3. Remember there is backstory…
… and it’s not always so pretty. You see a friend doing something amazing on social media. Looking amazing. Being amazing. But you are only seeing the highlights. Nobody has it all. Nobody. You’re comparing your reality, warts and all, to a fantasy. The selfies that made the cut. The travel photos that show the ocean view but not the dog shit on the street. The house photos post-renovation that don’t show the blood, sweat, tears, near-divorce and almost-bankruptcy. Everyone has a backstory. They probably won’t share it on Facebook.

4. Understand that you have to work hard for success
I whinge that I’m not getting as much work as that other writer, but she’s out there schmoozing and building her business.

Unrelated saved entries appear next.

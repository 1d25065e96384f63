-- ===== src/Metadata/Reader/Skip.antt =====
-- `mp_skip` of src/corex_metadata.c ends, and in its buffer.
use x_remote_runtime.Prelude.{ℕ, zero, suc, ◌+◌, ◌*◌, ◌%◌, ◌^◌, ◌≤◌, ◌<◌, arith, List, length}
use x_remote_runtime.Bytes.{Outcome}
use x_remote_runtime.Bytes.Ensures.{Ensures, Ensures-mono, bind-Ensures}
use x_remote_runtime.Metadata.Reader.{
  mp_get_u8, mp_get_be, Shape, scalar, unsupported, payload, sized, items, counted, mp_shape,
  mp_skip_bytes, mp_skip_n, mp_skip_rest, mp_skip,
}
use x_remote_runtime.Metadata.Reader.Bounds.{From, need-Ensures, mp_get_be-Reads, mp_get_u8-ReadsOn}

module _ (bytes : List ℕ) where
  mp_skip_bytes-From :
      (n p : ℕ) → p ≤ length bytes → Ensures (From bytes p) (mp_skip_bytes n bytes p)
  unfolding mp_skip_bytes
  mp_skip_bytes-From n p h = need-Ensures bytes (From bytes p) n p _ h λ room. (omega arith, room)

  mp_skip_n-From :
      (skip : ℕ → Outcome ℕ) (n p : ℕ)
      → p ≤ length bytes
      → ((q : ℕ) → p ≤ q → q ≤ length bytes → Ensures (From bytes (q + 1)) (skip q))
      → Ensures (From bytes p) (mp_skip_n n skip p)
  unfolding mp_skip_n
  mp_skip_n-From skip zero p h k = (omega arith, h)
  mp_skip_n-From skip (suc n) p h k =
      bind-Ensures (From bytes p) (From bytes (p + 1)) (skip p) (mp_skip_n n skip)
        (k p (omega arith) h)
        λ q (low, high).
          Ensures-mono (From bytes p) (From bytes q) (mp_skip_n n skip q)
            (mp_skip_n-From skip n q high λ q' from to. k q' (omega arith) to)
            λ q' (from, to). (omega arith, to)

  -- After the first byte.
  shape-From :
      (skip : ℕ → Outcome ℕ) (shape : Shape) (p : ℕ)
      → p ≤ length bytes
      → ((q : ℕ) → p ≤ q → q ≤ length bytes → Ensures (From bytes (q + 1)) (skip q))
      → Ensures (From bytes p) (mp_skip_rest shape skip bytes p)
  unfolding mp_skip_rest
  shape-From skip scalar p h k = (omega arith, h)
  shape-From skip unsupported p h k = tt
  shape-From skip (payload n) p h k = mp_skip_bytes-From n p h
  shape-From skip (sized w) p h k =
      bind-Ensures (From bytes p) (λ r. From bytes p r.1) (mp_get_be w bytes p) _
        (mp_get_be-Reads bytes w p h)
        λ (n, q) (low, high).
          Ensures-mono (From bytes p) (From bytes q) (mp_skip_bytes n bytes q)
            (mp_skip_bytes-From n q high) λ q' (from, to). (omega arith, to)
  shape-From skip (items n) p h k = mp_skip_n-From skip n p h k
  shape-From skip (counted w m) p h k =
      bind-Ensures (From bytes p) (λ r. From bytes p r.1) (mp_get_be w bytes p) _
        (mp_get_be-Reads bytes w p h)
        λ (n, q) (low, high).
          Ensures-mono (From bytes p) (From bytes q) (mp_skip_n (m * n % 2 ^ 32) skip q)
            (mp_skip_n-From skip (m * n % 2 ^ 32) q high λ q' from to. k q' (omega arith) to)
            λ q' (from, to). (omega arith, to)

  -- `mp_skip` reads no byte outside its buffer, its recursion ends, and the position that it reports is
  -- past the one where it starts and in the buffer; so fuel for the bytes that are left is enough.
  pub mp_skip-From :
      (fuel pos : ℕ)
      → pos ≤ length bytes
      → length bytes < pos + fuel
      → Ensures (From bytes (pos + 1)) (mp_skip fuel bytes pos)
  unfolding mp_skip
  mp_skip-From zero pos h enough = absurd (omega arith)
  mp_skip-From (suc fuel) pos h enough =
      bind-Ensures (From bytes (pos + 1)) (λ r. From bytes (pos + 1) r.1) (mp_get_u8 bytes pos) _
        (mp_get_u8-ReadsOn bytes pos h)
        λ (c, p) (low, high).
          Ensures-mono (From bytes (pos + 1)) (From bytes p)
            (mp_skip_rest (mp_shape c) (mp_skip fuel bytes) bytes p)
            (shape-From (mp_skip fuel bytes) (mp_shape c) p high
              λ q from to. mp_skip-From fuel q to (omega arith))
            λ q (from, to). (omega arith, to)
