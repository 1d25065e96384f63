-- ===== src/Metadata/Module/Fields.antt =====
-- The loops over fields and entries of src/corex_metadata.c, for any property of what they read.
use x_remote_runtime.Prelude.{
  ℕ, zero, suc, ◌+◌, ◌-◌, ◌%◌, ◌^◌, leb, ◌≤◌, ◌<◌, ◌≡◌, arith, List, Bool, true, false, All, length,
  if◌then◌else◌,
}
use x_remote_runtime.Bytes.{Outcome, accept, ◌>>=◌, ◌>>◌, check}
use x_remote_runtime.Bytes.Ensures.{Ensures, Ensures-mono, bind-Ensures, check-Ensures}
use x_remote_runtime.Metadata.Reader.{
  mp_read_map_len, mp_read_array_len, mp_read_string, mp_read_uint64, mp_skip,
}
use x_remote_runtime.Metadata.Reader.Bounds.{
  From, ReadsOn, mp_read_map_len-ReadsOn, mp_read_array_len-ReadsOn, mp_read_string-Ensures,
  mp_read_uint64-ReadsOn,
}
use x_remote_runtime.Metadata.Reader.Skip.{mp_skip-From}
use x_remote_runtime.Metadata.Module.{read_fields, read_entries, skip_field}

-- What is read has a property, and the reader stops in the buffer, not before `pos`.
abbrev pub Yields : {A : Type 0} → List ℕ → (A → Type 0) → ℕ → Outcome (A × ℕ) → Type 0
Yields bytes Q pos o = Ensures (λ r. Q r.0 × From bytes pos r.1) o

module _ (bytes : List ℕ) {A : Type 0} (Q : A → Type 0) where
  pub Yields-mono :
      (pos p : ℕ) (o : Outcome (A × ℕ)) → pos ≤ p → Yields bytes Q p o → Yields bytes Q pos o
  Yields-mono pos p o h k =
      Ensures-mono (λ r. Q r.0 × From bytes pos r.1) (λ r. Q r.0 × From bytes p r.1) o k
        λ r (good, (low, high)). (good, (omega arith, high))

  pub if-Yields :
      (b : Bool) (p : ℕ) (x y : Outcome (A × ℕ))
      → Yields bytes Q p x
      → Yields bytes Q p y
      → Yields bytes Q p (if b then x else y)
  if-Yields true p x y h k = h
  if-Yields false p x y h k = k

  pub stop-Yields : (a : A) (p : ℕ) → Q a → p ≤ length bytes → Yields bytes Q p (accept (a, p))
  stop-Yields a p h k = (h, (omega arith, k))

  pub bind-Yields :
      {B : Type 0} (P : B → Type 0) (pos : ℕ) (o : Outcome (B × ℕ)) (f : B × ℕ → Outcome (A × ℕ))
      → Yields bytes P pos o
      → ((b : B) (p : ℕ) → P b → p ≤ length bytes → Yields bytes Q p (f (b, p)))
      → Yields bytes Q pos (o >>= f)
  bind-Yields P pos o f h k =
      bind-Ensures (λ r. Q r.0 × From bytes pos r.1) (λ r. P r.0 × From bytes pos r.1) o f h
        λ (b, p) (good, (low, high)). Yields-mono pos p (f (b, p)) low (k b p good high)

  -- A reader that goes on, whatever it reads.
  any-Yields :
      (pos : ℕ) (o : Outcome (ℕ × ℕ)) → ReadsOn bytes pos o → Yields bytes (λ _. Unit {0}) pos o
  any-Yields pos o h =
      Ensures-mono (λ r. Unit {0} × From bytes pos r.1) (λ r. From bytes (pos + 1) r.1) o h
        λ r (low, high). (tt, (omega arith, high))

  pub string-Yields :
      (size pos : ℕ) (f : List ℕ × ℕ → Outcome (A × ℕ))
      → pos ≤ length bytes
      → ((s : List ℕ) (p : ℕ) → length s < size → p ≤ length bytes → Yields bytes Q p (f (s, p)))
      → Yields bytes Q pos (mp_read_string size bytes pos >>= f)
  string-Yields size pos f h k =
      bind-Yields (λ s. length s < size) pos (mp_read_string size bytes pos) f
        (Ensures-mono (λ r. (length r.0 < size) × From bytes pos r.1)
          (λ r. (length r.0 < size) × From bytes (pos + 1) r.1) (mp_read_string size bytes pos)
          (mp_read_string-Ensures bytes size pos h)
          λ r (short, (low, high)). (short, (omega arith, high)))
        k

  pub uint64-Yields :
      (pos : ℕ) (f : ℕ × ℕ → Outcome (A × ℕ))
      → pos ≤ length bytes
      → ((v p : ℕ) → p ≤ length bytes → Yields bytes Q p (f (v, p)))
      → Yields bytes Q pos (mp_read_uint64 bytes pos >>= f)
  uint64-Yields pos f h k =
      bind-Yields (λ _. Unit {0}) pos (mp_read_uint64 bytes pos) f
        (any-Yields pos (mp_read_uint64 bytes pos) (mp_read_uint64-ReadsOn bytes pos h))
        λ v p _. k v p

  pub array-Yields :
      (pos : ℕ) (f : ℕ × ℕ → Outcome (A × ℕ))
      → pos ≤ length bytes
      → ((n p : ℕ) → p ≤ length bytes → Yields bytes Q p (f (n, p)))
      → Yields bytes Q pos (mp_read_array_len bytes pos >>= f)
  array-Yields pos f h k =
      bind-Yields (λ _. Unit {0}) pos (mp_read_array_len bytes pos) f
        (any-Yields pos (mp_read_array_len bytes pos) (mp_read_array_len-ReadsOn bytes pos h))
        λ v p _. k v p

  pub map-Yields :
      (pos : ℕ) (f : ℕ × ℕ → Outcome (A × ℕ))
      → pos ≤ length bytes
      → ((n p : ℕ) → p ≤ length bytes → Yields bytes Q p (f (n, p)))
      → Yields bytes Q pos (mp_read_map_len bytes pos >>= f)
  map-Yields pos f h k =
      bind-Yields (λ _. Unit {0}) pos (mp_read_map_len bytes pos) f
        (any-Yields pos (mp_read_map_len bytes pos) (mp_read_map_len-ReadsOn bytes pos h))
        λ v p _. k v p

  pub set_string-Yields :
      (size p : ℕ) (set : List ℕ → A)
      → p ≤ length bytes
      → ((s : List ℕ) → length s < size → Q (set s))
      → Yields bytes Q p (mp_read_string size bytes p >>= λ r. accept (set r.0, r.1))
  set_string-Yields size p set h k =
      string-Yields size p _ h λ s q short h'. stop-Yields (set s) q (k s short) h'

  pub set_word-Yields :
      (p : ℕ) (set : ℕ → A)
      → p ≤ length bytes
      → ((v : ℕ) → v < 2 ^ 32 → Q (set v))
      → Yields bytes Q p (mp_read_uint64 bytes p >>= λ r. accept (set (r.0 % 2 ^ 32), r.1))
  set_word-Yields p set h k =
      uint64-Yields p _ h
        λ v q h'. stop-Yields (set (v % 2 ^ 32)) q (k (v % 2 ^ 32) (omega arith)) h'

  pub set_checked-Yields :
      (p : ℕ) (set : ℕ → A)
      → p ≤ length bytes
      → ((v : ℕ) → v < 2 ^ 32 → Q (set v))
      → Yields bytes Q p
          (mp_read_uint64 bytes p >>= λ r. check (leb r.0 (2 ^ 32 - 1)) >> accept (set r.0, r.1))
  set_checked-Yields p set h k = uint64-Yields p _ h λ v q h'.
      check-Ensures (λ r. Q r.0 × From bytes q r.1) (leb v (2 ^ 32 - 1)) (accept (set v, q))
        λ small. stop-Yields (set v) q (k v (ground arith)) h'

  pub skip_field-Yields :
      (a : A) (pos : ℕ) → Q a → pos ≤ length bytes → Yields bytes Q pos (skip_field bytes a pos)
  skip_field-Yields a pos good h =
      bind-Ensures (λ r. Q r.0 × From bytes pos r.1) (From bytes (pos + 1))
        (mp_skip (suc (length bytes)) bytes pos) _
        (mp_skip-From bytes (suc (length bytes)) pos h (omega arith))
        λ p (low, high). (good, (omega arith, high))

  pub read_fields-Yields :
      (n : ℕ) (field : A → ℕ → Outcome (A × ℕ)) (a : A) (pos : ℕ)
      → ((b : A) (p : ℕ) → Q b → p ≤ length bytes → Yields bytes Q p (field b p))
      → Q a
      → pos ≤ length bytes
      → Yields bytes Q pos (read_fields n field a pos)
  unfolding read_fields
  read_fields-Yields zero field a pos k good h = stop-Yields a pos good h
  read_fields-Yields (suc n) field a pos k good h =
      bind-Yields Q pos (field a pos) _ (k a pos good h)
        λ b p good' h'. read_fields-Yields n field b p k good' h'

module _ (bytes : List ℕ) {A : Type 0} (Q : A → Type 0) where
  pub read_entries-Yields :
      (n : ℕ) (entry : ℕ → Outcome (A × ℕ)) (pos : ℕ)
      → ((p : ℕ) → p ≤ length bytes → Yields bytes Q p (entry p))
      → pos ≤ length bytes
      → Yields bytes
          (λ entries. (length entries ≡ n) × All Q entries)
          pos
          (read_entries n entry pos)
  unfolding read_entries
  read_entries-Yields zero entry pos k h = ((omega arith, tt), (omega arith, h))
  read_entries-Yields (suc n) entry pos k h =
      let R : List A → Type 0 = λ entries. (length entries ≡ suc n) × All Q entries in
      bind-Yields bytes R Q pos (entry pos) _ (k pos h) λ a p good high.
        bind-Yields bytes R (λ entries. (length entries ≡ n) × All Q entries) p
          (read_entries n entry p) _ (read_entries-Yields n entry p k high)
          λ entries q (count, all) high'. ((omega arith, (good, all)), (omega arith, high'))

module _ (bytes : List ℕ) {A B : Type 0} (Q : A → Type 0) (P : B → Type 0) where
  pub set_entries-Yields :
      (limit : ℕ) (entry : ℕ → Outcome (B × ℕ)) (p : ℕ) (set : List B → A)
      → p ≤ length bytes
      → ((q : ℕ) → q ≤ length bytes → Yields bytes P q (entry q))
      → ((entries : List B) → length entries ≤ limit → All P entries → Q (set entries))
      → Yields bytes Q p (
          mp_read_array_len bytes p >>= λ c.
          check (leb c.0 limit) >> (read_entries c.0 entry c.1 >>= λ r. accept (set r.0, r.1)))
  set_entries-Yields limit entry p set h k l = array-Yields bytes Q p _ h λ n q h'.
      check-Ensures (λ r. Q r.0 × From bytes q r.1) (leb n limit) _
        λ few.
          bind-Yields bytes Q (λ entries. (length entries ≡ n) × All P entries) q
            (read_entries n entry q) _ (read_entries-Yields bytes P n entry q k h')
            λ entries q' (count, all) h''.
              stop-Yields bytes Q (set entries) q' (l entries (ground arith) all) h''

I’m sitting moping and hiding behind my laptop. Your ego loves a bit of envy and is really good at convincing you that you are a loser and they are a winner and that’s just how it is. But you know deep down that’s bullshit. People don’t get success offered to them on a silver platter. They work for it. Jealousy can make you feel paralysed. Bitch-slap envy. Take action. Earn your success.

5. Get a life
Envy is a pointless emotion but a paralysing one. And therein lies its appeal. When you’re feeling envious, you can convince yourself not to do anything. Not to take a chance. Not to change. Not to work harder. Not to stray out of your comfort zone. But by filling your life with more fun, more people you love, more things you like to do, you won’t have time or a reason to be envious.

The green-eyed monster tells you life is a competition. That’s there’s not enough to go around. It thrives on creating feelings of lack. It wants to have a destructive and lifelong relationship with you.

Don’t let it.

The pie is big. So grab a fork, poke the envy monster in its green eye, and fill your plate.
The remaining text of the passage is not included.